The plan amounts that could trigger the Cadillac tax in 2018 are $10,200 a year for single employee coverage and $27,500 for family coverage. The threshold will be adjusted annually for inflation.
A new analysis released this week by the Kaiser Family Foundation estimated that just over a quarter of employers that offer health plans would pay the 40 percent tax in 2018 on at least one plan if they don’t make changes. The National Business Group on Health, a nonprofit association of large employers, found that half of its members reported that at least one of their health plans would trigger the tax in 2018. Both groups predicted that the proportion of employers affected would go up significantly over time.
“The ‘Cadillac tax’ will have a very powerful effect on health care costs, and that certainly a good thing. But the way the tax helps to keep health costs down is primarily by shifting it to workers,” said Larry Levitt, a senior vice president at the Kaiser Family Foundation who did the analysis.
In late July, The Alliance to Fight the 40 launched a concerted campaign against the tax, backed by a coalition that puts the insurer Cigna, the labor group Unite Here, the utility Eversource Energy, and school districts on the same side.

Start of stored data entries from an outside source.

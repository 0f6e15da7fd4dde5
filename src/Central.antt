-- ===== src/Central.antt =====
-- The central server (backend/app): its tables and services.
pub mod Vocabulary
pub mod Tables
pub mod Health
pub mod Reservations
pub mod Probes
pub mod Search
pub mod Allocations
pub mod Versions
pub mod Canonical
pub mod Ingestion
pub mod Conflicts
pub mod Hosts
pub mod Enrollment
pub mod Upgrades
pub mod Lifecycle
mod Samples
mod Tests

The Hill reported that House Republicans will likely put repealing the tax on the fall agenda.
Read more: (The Washington Post, Bankrate)

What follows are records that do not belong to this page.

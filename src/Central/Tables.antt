-- ===== src/Central/Tables.antt =====
-- The rows of the central database (backend/app/models) and the environment of one request.
-- Identifiers (UUIDs) are numbers that are only compared; times are microseconds since the epoch.
use port_forge.Prelude.{ℕ, String, Option, List, Bool}
use port_forge.Central.Vocabulary.{
  Protocol, LifecycleState, AllocationStatus, ProbeStatus, UpgradeState, EventType, ChangeType,
}

pub record Host : Type 0 where
  pub id : ℕ
  pub hostname : String
  pub operating_system : String
  pub os_version : Option String
  pub architecture : Option String
  pub agent_version : Option String
  pub docker_available : Bool
  pub protocol_version : Option ℕ
  pub contract_version : Option ℕ
  pub python_version : Option String
  pub first_seen : ℕ
  pub last_seen : ℕ
  pub status : String
  pub lifecycle_state : LifecycleState
  pub decommissioned_at : Option ℕ
  pub decommission_reason : Option String
  pub last_scan_observed_at : Option ℕ
  pub last_error : Option String

pub record CentralReservation : Type 0 where
  pub id : ℕ
  pub host_id : ℕ
  pub port : ℕ
  pub protocol : Protocol
  pub bind_address : Option String
  pub project : String
  pub service : Option String
  pub purpose : Option String
  pub notes : Option String
  pub local_reservation_id : Option String
  pub allocation_id : Option ℕ
  pub request_name : Option String

pub record Allocation : Type 0 where
  pub id : ℕ
  pub host_id : ℕ
  pub project : String
  pub status : AllocationStatus
  pub released_at : Option ℕ
  pub request_id : Option String
  pub request_payload_hash : Option ℕ

pub record HostProbe : Type 0 where
  pub id : ℕ
  pub host_id : ℕ
  pub port : ℕ
  pub protocol : Protocol
  pub bind_address : String
  pub status : ProbeStatus
  pub result_available : Option Bool
  pub result_reason : Option String
  pub delivered_at : Option ℕ
  pub completed_at : Option ℕ
  pub expires_at : ℕ
  pub created_at : ℕ

pub record HostUpgrade : Type 0 where
  pub id : ℕ
  pub host_id : ℕ
  pub request_id : Option String
  pub state : UpgradeState
  pub target_version : String
  pub artifact_url : String
  pub artifact_sha256 : String
  pub artifact_filename : Option String
  pub previous_version : Option String
  pub previous_artifact_url : Option String
  pub previous_artifact_sha256 : Option String
  pub failure_reason : Option String
  pub approved_at : Option ℕ
  pub claimed_at : Option ℕ
  pub completed_at : Option ℕ
  pub created_by : String

-- One observation of a binding: the fields that a snapshot carries (`ObservationIn`).
pub record Observation : Type 0 where
  pub port : ℕ
  pub protocol : Protocol
  pub bind_address : String
  pub state : String
  pub source : String
  pub pid : Option ℕ
  pub process_name : Option String
  pub process_path : Option String
  pub working_directory : Option String
  pub container_id : Option String
  pub container_name : Option String
  pub container_image : Option String
  pub container_port : Option ℕ
  pub docker_compose_project : Option String
  pub service_name : Option String
  pub project_name : Option String
  pub purpose : Option String
  pub category : Option String
  pub detection_confidence : Option String
  pub first_seen : ℕ
  pub last_seen : ℕ

-- A row of `current_port_observations`: the observed fields and the row's own.
pub record CurrentPort : Type 0 where
  pub host_id : ℕ
  pub observed : Observation
  pub open observed use *
  pub observed_at : ℕ
  pub scan_id : ℕ

pub record PortEvent : Type 0 where
  pub host_id : ℕ
  pub port : ℕ
  pub protocol : Protocol
  pub bind_address : String
  pub event_type : ChangeType
  pub state : String
  pub process_name : Option String
  pub project_name : Option String
  pub purpose : Option String
  pub scan_id : ℕ
  pub occurred_at : ℕ

-- The `summary` and `metadata_json` texts, for people to read, are left out.
pub record ActivityEvent : Type 0 where
  pub host_id : ℕ
  pub timestamp : ℕ
  pub event_type : EventType
  pub port : Option ℕ
  pub protocol : Option Protocol
  pub bind_address : Option String
  pub source : Option String
  pub identity_context : String
  pub reservation_id : Option ℕ

pub record Scan : Type 0 where
  pub id : ℕ
  pub host_id : ℕ
  pub observed_at : ℕ
  pub observation_count : ℕ

pub record AgentCredential : Type 0 where
  pub host_id : ℕ
  pub token_hash : String
  pub created_at : ℕ
  pub revoked_at : Option ℕ

pub record EnrollmentToken : Type 0 where
  pub id : ℕ
  pub token_hash : String
  pub label : Option String
  pub created_at : ℕ
  pub expires_at : Option ℕ
  pub consumed_at : Option ℕ
  pub consumed_by_host_id : Option ℕ

-- The whole database, as a transaction sees it. Rows stand in the order of insertion.
pub record Db : Type 0 where
  pub hosts : List Host
  pub reservations : List CentralReservation
  pub allocations : List Allocation
  pub probes : List HostProbe
  pub upgrades : List HostUpgrade
  pub ports : List CurrentPort
  pub port_events : List PortEvent
  pub activity : List ActivityEvent
  pub scans : List Scan
  pub credentials : List AgentCredential
  pub enrollment_tokens : List EnrollmentToken

-- backend/app/config.py, the settings that the modelled services read.
pub record Settings : Type 0 where
  pub host_stale_after_seconds : ℕ
  pub host_offline_after_seconds : ℕ
  pub remote_probe_ttl_seconds : ℕ
  pub max_pending_probes_per_host : ℕ
  pub max_probes_delivered_per_heartbeat : ℕ
  pub update_target_version : Option String
  pub update_artifact_url : Option String
  pub update_artifact_sha256 : Option String

-- What one request takes from outside: the clock's reading, and the identifier that `uuid4` yields
-- for each row it adds, by the number of rows that stand before it in its table.
pub record Env : Type 0 where
  pub now : ℕ
  pub uuid : ℕ → ℕ
  pub settings : Settings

A new study finds that 75% of California’s Obamacare health plans have narrow physician networks — more limited choices than all but three other states.
The latest report examines health plans sold to consumers last year under the Affordable Care Act and shows wide variation in the commonness of narrow networks across the country.

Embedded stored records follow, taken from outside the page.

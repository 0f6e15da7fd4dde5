-- ===== src/Central/Health.antt =====
-- The health of a host (backend/app/schemas/health_status.py).
use port_forge.Prelude.{
  ℕ, zero, suc, ◌+◌, ◌-◌, ◌*◌, ◌/◌, ◌≤◌, ◌<◌, ◌≡◌, ◌↔◌, Bool, true, false, arith, ltb, leb,
  if◌then◌else◌,
}
use port_forge.Central.Tables.{Settings, Host}

pub data HostHealthState : Type 0 where
  healthy stale offline : HostHealthState

pub data HostHealthReason : Type 0 where
  agent_healthy agent_sync_stale agent_offline : HostHealthReason

-- A signed number of seconds; `negsuc n` is -(n + 1).
pub data ℤ : Type 0 where
  pos : ℕ → ℤ
  negsuc : ℕ → ℤ

abbrev pub negate : ℕ → ℤ
negate zero = pos 0
negate (suc n) = negsuc n

-- `int((now - last_seen).total_seconds())`: whole seconds, rounded towards zero. An agent's clock
-- may run ahead, and the age is then negative.
abbrev pub age_seconds : ℕ → ℕ → ℤ
age_seconds last_seen now =
    if leb last_seen now
    then pos ((now - last_seen) / 1000000)
    else negate ((last_seen - now) / 1000000)

-- `age > limit`
abbrev pub exceeds : ℤ → ℕ → Bool
exceeds (pos n) limit = ltb limit n
exceeds (negsuc _) _ = false

unfoldable pub derive_health_state : ℕ → ℕ → ℕ → ℕ → HostHealthState × HostHealthReason × ℤ
derive_health_state last_seen stale_after offline_after now =
    let age = age_seconds last_seen now in
    if exceeds age offline_after
    then (offline, agent_offline, age)
    else if exceeds age stale_after
    then (stale, agent_sync_stale, age)
    else (healthy, agent_healthy, age)

-- The state of a host under the settings.
unfoldable pub host_health : Settings → Host → ℕ → HostHealthState
unfolding derive_health_state
host_health s host now =
    (derive_health_state host.last_seen s.host_stale_after_seconds s.host_offline_after_seconds
      now).0

exceeds-negate : (n k : ℕ) → exceeds (negate n) k ≡ false
exceeds-negate zero k = ground arith
exceeds-negate (suc n) k = ground arith

-- An age exceeds a limit when the clock has reached one second more.
exceeds-age_seconds :
    (l n k : ℕ) → (exceeds (age_seconds l n) k ≡ true) ↔ (l + (k + 1) * 1000000 ≤ n)
exceeds-age_seconds l n k = ground (arith, exceeds-negate ((l - n) / 1000000) k)

module _ (last_seen stale_after offline_after now : ℕ) (ordered : stale_after < offline_after) where
  -- With the stale threshold below the offline one, which `Settings` enforces, a host is HEALTHY
  -- exactly until the clock has passed its last report by one second more than the stale
  -- threshold, OFFLINE exactly from one second more than the offline threshold on, and STALE
  -- exactly between the two; a report from the future counts as HEALTHY.
  pub derive_health_state_ranges :
      ((derive_health_state last_seen stale_after offline_after now).0 ≡ healthy
        ↔ (now < last_seen + (stale_after + 1) * 1000000))
      × ((derive_health_state last_seen stale_after offline_after now).0 ≡ stale ↔ (
          (last_seen + (stale_after + 1) * 1000000 ≤ now)
          × (now < last_seen + (offline_after + 1) * 1000000)))
      × ((derive_health_state last_seen stale_after offline_after now).0 ≡ offline
          ↔ (last_seen + (offline_after + 1) * 1000000 ≤ now))
  unfolding derive_health_state
  derive_health_state_ranges = ground (
    arith,
    exceeds-age_seconds last_seen now stale_after,
    exceeds-age_seconds last_seen now offline_after,
  )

According to the report, only Georgia, Florida, and Oklahoma had a higher percentage of small provider networks than California did in the insurance company directories.
Nationwide, 41% of networks were labeled narrow, meaning they included 25% or less of the physicians in a rating area.
To hold down premiums under the health law, big insurers such as Anthem Inc. and Blue Shield of California cut the number of doctors and hospitals available to patients.
Dan Polsky, executive director of the Leonard Davis Institute of Health Economics at Penn and the lead researcher, said narrow networks can be an effective way to control medical costs, but also recognizes that consumers still don’t have an easy way to tell whether a health plan is narrow or not before enrolling.
State and federal regulators have been grappling with how to respond to consumer complaints about skinnier networks and inaccurate information in provider directories.
“Network composition is a major way in which insurance companies can attempt to control costs in the marketplace, and for consumers there is often a tradeoff between access and price,” said Kathy Hempstead, director of health coverage issues at the Robert Wood Johnson Foundation, which published the report Monday.
Read more: (Los Angeles Times)
The next Open Enrollment Period or sign-up season for health insurance doesn’t start for another couple of months, but the next few days are crucial for hundreds of thousands of customers at risk for losing financial aid when they renew coverage for 2016.
An estimated 1.8 million households that got subsidies for their premiums last year have failed to file a 2014 tax return as required by law, or left out key IRS paperwork.
Because of coordination issues between the IRS and marketplaces like HealthCare.gov, consumers who keep procrastinating into the fall are taking chances with their financial aid, according to insurers and the tax agency. That means, for example, that someone who’s been paying a monthly premium of $90 could suddenly get hit with a bill for $360.
Government officials say they have a backstop planned that should help many procrastinators. Nonetheless, insurers and advocacy groups say they’ve been told the best way returning customers can avoid hassles is to file their taxes correctly by Aug. 31.
“You don’t want to get to December and realize that your subsidy amount isn’t there,” said Clare Krusing, spokeswoman for the industry group America’s Health Insurance Plans. Sign-up season starts Nov. 1, and insurers typically send bills for January in mid-December.